氧氣都不夠了,這麽說外邊的一切都停擺,看來戰艦到了全主機待機狀態了,這可怎麽辦,達芬奇一頭冷汗連忙開始胡扯自己的生日啊,銀行密碼啊什麽的,他隨便說,雜魚就靠在那裏胡亂按著,然後告知他:“不對,不對,不對。”
順便,雜魚還將防護取下,吸一吸通道內還存在的大量氧氣,不夠為了安全起見,雜魚還是將自己用防護繩扣在了合金壁上的固定鎖上,這是以免萬一係統發瘋打開各門,他會被吸出去。
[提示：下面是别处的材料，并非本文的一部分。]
-- ===== src/Orders/Table.antt =====
-- repository/order.go, repository/wallet_release.go and migration/001_create_orders.sql,
-- 002_create_wallet_releases.sql: the rows of the order service. Quantities are numbers of units of
-- 10^-10, as the columns DECIMAL(30,10) hold them; time stamps are left out.
use Prim.Native.String.{String}
use tradedrift.Base.{ℕ, Option, Bool, true, false, List}

pub data OrderSide : Type 0 where
  side_buy side_sell : OrderSide

pub data OrderType : Type 0 where
  type_limit type_market : OrderType

pub data OrderStatus : Type 0 where
  open_order partially_filled filled cancelling cancelled : OrderStatus

pub record Order : Type 0 where
  pub id : String
  pub user_id : String
  pub market_id : String
  pub side : OrderSide
  pub order_type : OrderType
  pub price : Option ℕ
  pub quantity : ℕ
  pub filled_quantity : ℕ
  pub remaining_quantity : ℕ
  pub status : OrderStatus
  pub idempotency_key : Option String

-- A command for the matching engine; `P` is the type of the JSON payloads.
pub record OrderCommand (P : Type 0) : Type 0 where
  pub aggregate_id : String
  pub event_type : String
  pub payload : P
  pub partition_key : String

-- `processed_trades` has the ids of the trades, `wallet_releases` those of the orders that wait for a
-- release of their reservation.
pub record OrderTables (P : Type 0) : Type 0 where
  pub orders : List Order
  pub outbox : List (OrderCommand P)
  pub processed_trades : List String
  pub wallet_releases : List String

pub data OrderError : Type 0 where
  order_not_found order_not_cancellable duplicate_idempotency_key rejected : OrderError

abbrev pub is_filled : OrderStatus → Bool
is_filled filled = true
is_filled _ = false

-- OPEN, PARTIALLY_FILLED, as UpdateStatusToCancelling wants.
abbrev pub is_cancellable : OrderStatus → Bool
is_cancellable open_order = true
is_cancellable partially_filled = true
is_cancellable _ = false

-- OPEN, PARTIALLY_FILLED, CANCELLING.
abbrev pub is_unsettled : OrderStatus → Bool
is_unsettled open_order = true
is_unsettled partially_filled = true
is_unsettled cancelling = true
is_unsettled _ = false

-- OPEN, PARTIALLY_FILLED, CANCELLING, CANCELLED.
abbrev pub is_fillable : OrderStatus → Bool
is_fillable filled = false
is_fillable _ = true

abbrev pub same_side : OrderSide → OrderSide → Bool
same_side side_buy side_buy = true
same_side side_sell side_sell = true
same_side _ _ = false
幾分鍾,雜魚抱怨道:“你怎麽總說這麽複雜的玩意,武器庫應該可以簡單些吧。”
可達芬奇不答應,入戲太深的他認為,作為一個指揮室邊的武器庫的密碼應該很複雜的,也許解開這個密碼都能解開指揮官密碼了,所以他在拚命想,抽空還建議亞細亞友軍軍官們一起想。
於是大家七嘴八舌,可憐雜魚隻能趴在那裏胡亂按著。
而這個時候,張自忠還在折磨著沃特,由於戴安瀾先前對沃特施展的麻痹藥劑作用,沃特對於催眠藥劑有一些抗拒,不過這對張自忠來說根本不是問題,加大藥劑就是。
因為在張自忠的心中,雜魚比誰也總要,比他的女朋友們都重要,抱著這種念頭的又何止他一個,張漢承已經將指揮權下放,他都親自來了。
來自海軍的醫護,和刑訊專家們都在待命,光腦正在讀取沃特那模糊的意識,然後將他的深藏信息轉化為具體的文字情報,可是人的大腦裏藏有無數信息,催眠又沒有完全起作用的前提下,抗拒著的沃特根本提供不出太具體的東西來。
但,他已經證明了自己的身份。
他叫沃特.菲利普斯。
好的,搜索,很快係統就告知在場各位,這位是個大人物,他是新羅馬北方司令部下轄直屬空降作戰旅的第二副指揮官,該旅直屬u團長官,兼空降特種作戰處處長,頭銜不少,軍銜很高,沃特.菲利普斯準將,三十九歲零八個月,獲得過新羅馬的榮譽勳章,功績不詳。